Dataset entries

━━━━

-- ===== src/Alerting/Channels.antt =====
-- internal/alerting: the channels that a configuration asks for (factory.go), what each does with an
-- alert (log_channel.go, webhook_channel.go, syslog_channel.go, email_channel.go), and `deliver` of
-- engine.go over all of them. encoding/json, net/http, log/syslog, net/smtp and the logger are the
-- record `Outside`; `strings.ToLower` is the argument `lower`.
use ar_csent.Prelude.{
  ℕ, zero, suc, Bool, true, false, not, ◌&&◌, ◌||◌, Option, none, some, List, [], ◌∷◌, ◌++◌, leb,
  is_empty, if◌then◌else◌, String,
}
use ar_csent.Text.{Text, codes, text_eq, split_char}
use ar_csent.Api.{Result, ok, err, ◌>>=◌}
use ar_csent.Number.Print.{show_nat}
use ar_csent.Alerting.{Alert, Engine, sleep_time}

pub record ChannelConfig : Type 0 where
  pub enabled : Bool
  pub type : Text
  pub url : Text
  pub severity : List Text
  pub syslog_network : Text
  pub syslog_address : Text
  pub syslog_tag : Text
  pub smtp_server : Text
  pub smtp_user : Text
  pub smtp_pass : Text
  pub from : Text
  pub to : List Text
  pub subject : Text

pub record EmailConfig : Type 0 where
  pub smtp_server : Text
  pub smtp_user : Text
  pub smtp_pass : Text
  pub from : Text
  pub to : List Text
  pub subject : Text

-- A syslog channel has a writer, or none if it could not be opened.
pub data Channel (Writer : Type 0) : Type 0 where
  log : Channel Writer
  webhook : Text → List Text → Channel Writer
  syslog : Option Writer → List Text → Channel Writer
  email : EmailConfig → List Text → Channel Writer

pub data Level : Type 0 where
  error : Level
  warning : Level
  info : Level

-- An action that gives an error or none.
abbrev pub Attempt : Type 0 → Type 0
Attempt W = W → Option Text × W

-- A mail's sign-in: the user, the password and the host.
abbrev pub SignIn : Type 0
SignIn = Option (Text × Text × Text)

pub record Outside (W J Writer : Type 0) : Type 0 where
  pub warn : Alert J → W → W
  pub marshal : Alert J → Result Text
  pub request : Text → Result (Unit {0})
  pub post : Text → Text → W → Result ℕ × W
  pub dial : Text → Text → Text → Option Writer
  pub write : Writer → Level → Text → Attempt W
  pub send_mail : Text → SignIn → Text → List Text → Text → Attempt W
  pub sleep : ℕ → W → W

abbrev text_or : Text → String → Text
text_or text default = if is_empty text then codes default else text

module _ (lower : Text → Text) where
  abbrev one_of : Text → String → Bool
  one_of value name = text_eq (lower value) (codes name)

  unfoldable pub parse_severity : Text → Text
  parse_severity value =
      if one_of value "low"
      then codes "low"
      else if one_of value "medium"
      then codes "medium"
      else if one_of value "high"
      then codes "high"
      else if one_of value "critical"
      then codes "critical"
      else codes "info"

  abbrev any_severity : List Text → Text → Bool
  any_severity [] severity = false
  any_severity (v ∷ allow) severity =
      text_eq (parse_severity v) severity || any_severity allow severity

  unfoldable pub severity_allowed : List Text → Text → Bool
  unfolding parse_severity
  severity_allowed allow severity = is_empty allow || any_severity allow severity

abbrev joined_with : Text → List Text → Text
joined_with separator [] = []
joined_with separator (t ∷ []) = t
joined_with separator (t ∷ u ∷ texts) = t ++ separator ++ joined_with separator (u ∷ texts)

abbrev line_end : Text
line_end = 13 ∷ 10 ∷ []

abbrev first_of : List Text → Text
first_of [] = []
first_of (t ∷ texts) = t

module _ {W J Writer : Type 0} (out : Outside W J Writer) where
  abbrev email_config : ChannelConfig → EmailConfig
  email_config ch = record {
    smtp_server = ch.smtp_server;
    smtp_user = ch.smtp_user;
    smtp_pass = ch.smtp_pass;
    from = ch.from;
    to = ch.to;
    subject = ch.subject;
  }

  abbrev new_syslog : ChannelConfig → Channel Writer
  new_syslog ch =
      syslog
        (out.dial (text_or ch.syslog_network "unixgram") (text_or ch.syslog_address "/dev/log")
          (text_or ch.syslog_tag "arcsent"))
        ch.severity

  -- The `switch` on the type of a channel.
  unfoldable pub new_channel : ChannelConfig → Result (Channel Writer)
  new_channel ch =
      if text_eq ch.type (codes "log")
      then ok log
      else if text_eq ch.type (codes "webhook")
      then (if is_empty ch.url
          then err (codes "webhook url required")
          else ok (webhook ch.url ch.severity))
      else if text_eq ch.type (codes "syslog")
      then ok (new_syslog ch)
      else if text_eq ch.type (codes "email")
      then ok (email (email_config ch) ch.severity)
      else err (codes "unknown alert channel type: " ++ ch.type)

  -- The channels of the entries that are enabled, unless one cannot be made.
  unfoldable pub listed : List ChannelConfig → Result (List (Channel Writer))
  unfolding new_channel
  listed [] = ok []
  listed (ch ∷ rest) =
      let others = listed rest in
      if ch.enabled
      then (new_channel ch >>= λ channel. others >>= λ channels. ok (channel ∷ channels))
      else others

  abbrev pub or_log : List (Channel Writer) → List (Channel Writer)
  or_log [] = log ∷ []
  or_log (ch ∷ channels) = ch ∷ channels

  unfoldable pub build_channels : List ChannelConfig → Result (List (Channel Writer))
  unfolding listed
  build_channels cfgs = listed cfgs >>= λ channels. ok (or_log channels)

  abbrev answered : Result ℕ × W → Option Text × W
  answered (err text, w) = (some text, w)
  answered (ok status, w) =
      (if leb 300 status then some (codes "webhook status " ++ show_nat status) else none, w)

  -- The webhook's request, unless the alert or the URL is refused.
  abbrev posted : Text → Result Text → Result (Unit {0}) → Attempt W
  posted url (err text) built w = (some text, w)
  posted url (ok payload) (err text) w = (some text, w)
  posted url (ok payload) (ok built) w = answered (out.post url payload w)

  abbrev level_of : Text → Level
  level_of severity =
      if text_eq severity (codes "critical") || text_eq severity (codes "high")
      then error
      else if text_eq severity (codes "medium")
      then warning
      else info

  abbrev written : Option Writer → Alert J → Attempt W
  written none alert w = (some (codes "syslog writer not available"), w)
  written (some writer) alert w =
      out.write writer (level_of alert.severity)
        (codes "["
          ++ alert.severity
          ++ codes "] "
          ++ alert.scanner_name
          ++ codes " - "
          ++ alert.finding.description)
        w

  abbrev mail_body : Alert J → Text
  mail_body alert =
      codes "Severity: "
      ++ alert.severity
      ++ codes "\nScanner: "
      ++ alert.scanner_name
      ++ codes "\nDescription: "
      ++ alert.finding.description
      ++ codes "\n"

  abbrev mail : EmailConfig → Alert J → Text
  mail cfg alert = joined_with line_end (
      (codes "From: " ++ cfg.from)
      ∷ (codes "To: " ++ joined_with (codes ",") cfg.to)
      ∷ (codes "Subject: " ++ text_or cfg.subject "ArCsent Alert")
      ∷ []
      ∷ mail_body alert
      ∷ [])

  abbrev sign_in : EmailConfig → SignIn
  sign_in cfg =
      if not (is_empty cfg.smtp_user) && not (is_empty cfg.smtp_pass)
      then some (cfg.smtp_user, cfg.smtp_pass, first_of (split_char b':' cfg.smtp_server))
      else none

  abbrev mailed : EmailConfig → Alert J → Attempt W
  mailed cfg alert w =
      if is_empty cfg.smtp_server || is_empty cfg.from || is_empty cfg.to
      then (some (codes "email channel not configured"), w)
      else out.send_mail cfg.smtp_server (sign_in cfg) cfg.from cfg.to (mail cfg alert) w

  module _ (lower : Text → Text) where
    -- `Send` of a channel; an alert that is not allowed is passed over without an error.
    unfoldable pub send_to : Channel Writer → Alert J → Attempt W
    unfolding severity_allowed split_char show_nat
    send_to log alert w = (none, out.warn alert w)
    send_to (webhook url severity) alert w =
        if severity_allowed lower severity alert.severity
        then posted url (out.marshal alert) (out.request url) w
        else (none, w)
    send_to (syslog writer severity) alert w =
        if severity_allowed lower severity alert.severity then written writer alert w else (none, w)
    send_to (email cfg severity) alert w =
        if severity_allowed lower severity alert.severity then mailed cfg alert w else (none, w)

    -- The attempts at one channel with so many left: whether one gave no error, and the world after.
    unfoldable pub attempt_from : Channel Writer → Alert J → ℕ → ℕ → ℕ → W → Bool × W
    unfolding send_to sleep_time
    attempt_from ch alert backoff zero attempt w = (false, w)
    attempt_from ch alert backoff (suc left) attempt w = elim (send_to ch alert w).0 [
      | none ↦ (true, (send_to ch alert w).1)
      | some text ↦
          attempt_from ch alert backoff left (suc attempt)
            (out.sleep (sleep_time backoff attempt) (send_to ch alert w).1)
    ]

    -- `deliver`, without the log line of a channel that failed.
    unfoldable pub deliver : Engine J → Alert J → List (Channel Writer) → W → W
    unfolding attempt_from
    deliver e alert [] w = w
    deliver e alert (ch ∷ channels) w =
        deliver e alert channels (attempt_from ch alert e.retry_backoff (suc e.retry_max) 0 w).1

━━━━

▸ **Assignment**: Look through the records and copy every line that has the word "marshal".

▸ **Solution to the exercise**:
  pub marshal : Alert J → Result Text
        then posted url (out.marshal alert) (out.request url) w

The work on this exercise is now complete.